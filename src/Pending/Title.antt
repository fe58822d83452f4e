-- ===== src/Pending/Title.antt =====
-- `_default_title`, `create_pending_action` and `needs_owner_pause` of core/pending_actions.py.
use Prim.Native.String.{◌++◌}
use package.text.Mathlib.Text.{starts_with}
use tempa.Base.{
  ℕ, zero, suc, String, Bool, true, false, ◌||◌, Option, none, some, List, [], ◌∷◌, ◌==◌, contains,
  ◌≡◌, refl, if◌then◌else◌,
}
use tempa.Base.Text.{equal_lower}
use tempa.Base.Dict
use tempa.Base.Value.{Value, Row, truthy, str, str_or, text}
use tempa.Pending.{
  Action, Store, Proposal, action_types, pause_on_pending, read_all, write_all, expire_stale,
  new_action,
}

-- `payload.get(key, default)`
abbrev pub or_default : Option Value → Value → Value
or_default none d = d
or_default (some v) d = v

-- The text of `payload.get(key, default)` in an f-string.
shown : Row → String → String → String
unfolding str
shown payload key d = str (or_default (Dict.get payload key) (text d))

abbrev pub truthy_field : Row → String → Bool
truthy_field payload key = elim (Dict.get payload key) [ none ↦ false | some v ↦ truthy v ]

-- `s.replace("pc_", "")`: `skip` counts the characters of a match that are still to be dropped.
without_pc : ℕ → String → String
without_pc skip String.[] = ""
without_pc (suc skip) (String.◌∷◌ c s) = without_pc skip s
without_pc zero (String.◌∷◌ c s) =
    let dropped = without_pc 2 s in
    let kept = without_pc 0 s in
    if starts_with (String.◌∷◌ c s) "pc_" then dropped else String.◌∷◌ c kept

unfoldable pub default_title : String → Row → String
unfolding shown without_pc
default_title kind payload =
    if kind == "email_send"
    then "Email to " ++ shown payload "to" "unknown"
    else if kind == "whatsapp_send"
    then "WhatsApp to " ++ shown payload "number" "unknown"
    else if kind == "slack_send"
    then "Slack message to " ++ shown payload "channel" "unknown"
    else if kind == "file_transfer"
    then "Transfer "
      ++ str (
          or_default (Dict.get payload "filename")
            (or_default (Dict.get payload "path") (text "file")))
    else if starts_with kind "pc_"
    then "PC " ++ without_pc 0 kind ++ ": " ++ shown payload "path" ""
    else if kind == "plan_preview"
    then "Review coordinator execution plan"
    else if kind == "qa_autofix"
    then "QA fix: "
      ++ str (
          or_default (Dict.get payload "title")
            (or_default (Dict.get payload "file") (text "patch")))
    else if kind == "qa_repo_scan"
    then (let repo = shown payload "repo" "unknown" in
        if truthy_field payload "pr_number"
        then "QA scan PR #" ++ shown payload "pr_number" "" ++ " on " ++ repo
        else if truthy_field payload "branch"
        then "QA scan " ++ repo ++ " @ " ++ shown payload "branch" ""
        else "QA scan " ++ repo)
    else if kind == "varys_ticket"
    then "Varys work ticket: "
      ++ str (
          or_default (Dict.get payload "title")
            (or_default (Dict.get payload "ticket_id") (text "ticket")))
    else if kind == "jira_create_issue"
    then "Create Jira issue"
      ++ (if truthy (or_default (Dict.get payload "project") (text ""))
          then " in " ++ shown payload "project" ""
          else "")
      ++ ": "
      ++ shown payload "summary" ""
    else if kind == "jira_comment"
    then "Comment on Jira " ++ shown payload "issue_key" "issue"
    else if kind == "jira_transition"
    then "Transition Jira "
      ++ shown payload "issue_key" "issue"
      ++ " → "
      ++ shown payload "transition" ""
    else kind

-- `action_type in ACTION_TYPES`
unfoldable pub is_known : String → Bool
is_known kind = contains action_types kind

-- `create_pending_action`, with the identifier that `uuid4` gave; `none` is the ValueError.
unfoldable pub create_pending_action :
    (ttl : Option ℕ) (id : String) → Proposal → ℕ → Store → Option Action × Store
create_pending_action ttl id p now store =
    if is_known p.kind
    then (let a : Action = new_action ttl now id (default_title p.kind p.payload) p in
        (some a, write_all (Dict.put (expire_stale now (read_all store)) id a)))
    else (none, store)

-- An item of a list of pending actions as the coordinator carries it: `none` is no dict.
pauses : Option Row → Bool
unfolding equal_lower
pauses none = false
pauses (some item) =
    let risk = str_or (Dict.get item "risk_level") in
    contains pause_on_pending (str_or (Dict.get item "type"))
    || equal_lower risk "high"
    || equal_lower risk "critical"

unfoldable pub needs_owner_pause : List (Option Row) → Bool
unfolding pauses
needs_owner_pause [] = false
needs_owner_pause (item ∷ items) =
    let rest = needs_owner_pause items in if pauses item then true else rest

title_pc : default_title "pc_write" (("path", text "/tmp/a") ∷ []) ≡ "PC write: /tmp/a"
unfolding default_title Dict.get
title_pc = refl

==

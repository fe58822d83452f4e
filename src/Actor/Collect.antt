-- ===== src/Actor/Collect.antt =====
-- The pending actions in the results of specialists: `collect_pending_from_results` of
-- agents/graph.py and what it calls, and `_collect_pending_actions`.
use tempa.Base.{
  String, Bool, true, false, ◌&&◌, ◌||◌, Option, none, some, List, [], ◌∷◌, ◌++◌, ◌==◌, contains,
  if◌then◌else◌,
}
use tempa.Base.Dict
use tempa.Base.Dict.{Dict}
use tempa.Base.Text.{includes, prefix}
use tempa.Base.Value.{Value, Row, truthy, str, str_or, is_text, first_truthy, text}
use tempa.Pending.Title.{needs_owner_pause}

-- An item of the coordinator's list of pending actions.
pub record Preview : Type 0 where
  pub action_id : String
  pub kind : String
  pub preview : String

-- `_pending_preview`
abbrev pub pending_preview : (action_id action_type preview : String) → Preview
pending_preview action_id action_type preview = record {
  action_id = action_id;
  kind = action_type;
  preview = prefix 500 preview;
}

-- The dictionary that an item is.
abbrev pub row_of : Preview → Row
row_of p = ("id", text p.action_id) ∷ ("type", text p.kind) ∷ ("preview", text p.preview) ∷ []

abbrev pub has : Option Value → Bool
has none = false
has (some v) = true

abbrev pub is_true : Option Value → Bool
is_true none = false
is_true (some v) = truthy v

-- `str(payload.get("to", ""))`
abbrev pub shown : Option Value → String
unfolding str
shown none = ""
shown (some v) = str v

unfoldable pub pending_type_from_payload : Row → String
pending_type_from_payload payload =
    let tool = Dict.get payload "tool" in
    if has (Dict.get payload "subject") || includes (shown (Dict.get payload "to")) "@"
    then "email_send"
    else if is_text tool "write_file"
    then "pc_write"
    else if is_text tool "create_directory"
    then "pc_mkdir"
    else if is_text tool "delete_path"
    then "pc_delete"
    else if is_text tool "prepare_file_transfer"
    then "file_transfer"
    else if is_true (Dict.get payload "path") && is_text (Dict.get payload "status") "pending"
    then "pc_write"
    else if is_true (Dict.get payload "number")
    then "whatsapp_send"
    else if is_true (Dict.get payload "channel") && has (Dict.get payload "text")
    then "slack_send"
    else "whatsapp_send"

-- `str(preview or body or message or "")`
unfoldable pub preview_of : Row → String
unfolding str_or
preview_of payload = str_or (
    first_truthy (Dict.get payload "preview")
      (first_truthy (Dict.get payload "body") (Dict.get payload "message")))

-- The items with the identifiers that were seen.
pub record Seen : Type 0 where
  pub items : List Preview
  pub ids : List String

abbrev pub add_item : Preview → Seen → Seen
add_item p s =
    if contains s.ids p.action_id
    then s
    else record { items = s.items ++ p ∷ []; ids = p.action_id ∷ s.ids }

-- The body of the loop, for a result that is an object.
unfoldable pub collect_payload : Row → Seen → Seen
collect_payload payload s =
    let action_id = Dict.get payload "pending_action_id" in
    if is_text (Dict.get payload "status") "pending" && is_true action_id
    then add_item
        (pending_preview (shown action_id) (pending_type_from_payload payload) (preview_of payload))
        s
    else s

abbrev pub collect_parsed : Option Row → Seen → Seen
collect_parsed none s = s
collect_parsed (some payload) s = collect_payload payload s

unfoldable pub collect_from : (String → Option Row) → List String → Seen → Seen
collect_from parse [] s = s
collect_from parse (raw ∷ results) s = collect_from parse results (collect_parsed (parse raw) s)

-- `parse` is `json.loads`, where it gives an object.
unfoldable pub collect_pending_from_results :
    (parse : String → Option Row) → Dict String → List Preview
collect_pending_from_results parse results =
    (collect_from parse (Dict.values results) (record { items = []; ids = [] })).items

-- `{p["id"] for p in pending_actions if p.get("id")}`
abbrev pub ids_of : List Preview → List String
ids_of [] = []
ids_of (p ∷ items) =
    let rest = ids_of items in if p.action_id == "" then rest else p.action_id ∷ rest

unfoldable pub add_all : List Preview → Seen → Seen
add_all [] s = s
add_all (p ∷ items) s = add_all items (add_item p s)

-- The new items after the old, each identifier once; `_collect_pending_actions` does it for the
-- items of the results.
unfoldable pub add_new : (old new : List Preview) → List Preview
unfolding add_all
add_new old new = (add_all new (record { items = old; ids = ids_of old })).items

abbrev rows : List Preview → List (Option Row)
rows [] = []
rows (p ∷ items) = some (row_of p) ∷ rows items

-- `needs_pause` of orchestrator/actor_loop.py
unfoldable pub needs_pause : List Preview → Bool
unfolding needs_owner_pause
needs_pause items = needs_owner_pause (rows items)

What is needed: Each line in the entries above, starting at the line with "contains pause_on_pending (str_or" and ending at the line with "title_pc = refl", is to be printed exactly, and only those lines.

Response to this exercise:
    contains pause_on_pending (str_or (Dict.get item "type"))
    || equal_lower risk "high"
    || equal_lower risk "critical"

unfoldable pub needs_owner_pause : List (Option Row) → Bool
unfolding pauses
needs_owner_pause [] = false
needs_owner_pause (item ∷ items) =
    let rest = needs_owner_pause items in if pauses item then true else rest

title_pc : default_title "pc_write" (("path", text "/tmp/a") ∷ []) ≡ "PC write: /tmp/a"
unfolding default_title Dict.get
title_pc = refl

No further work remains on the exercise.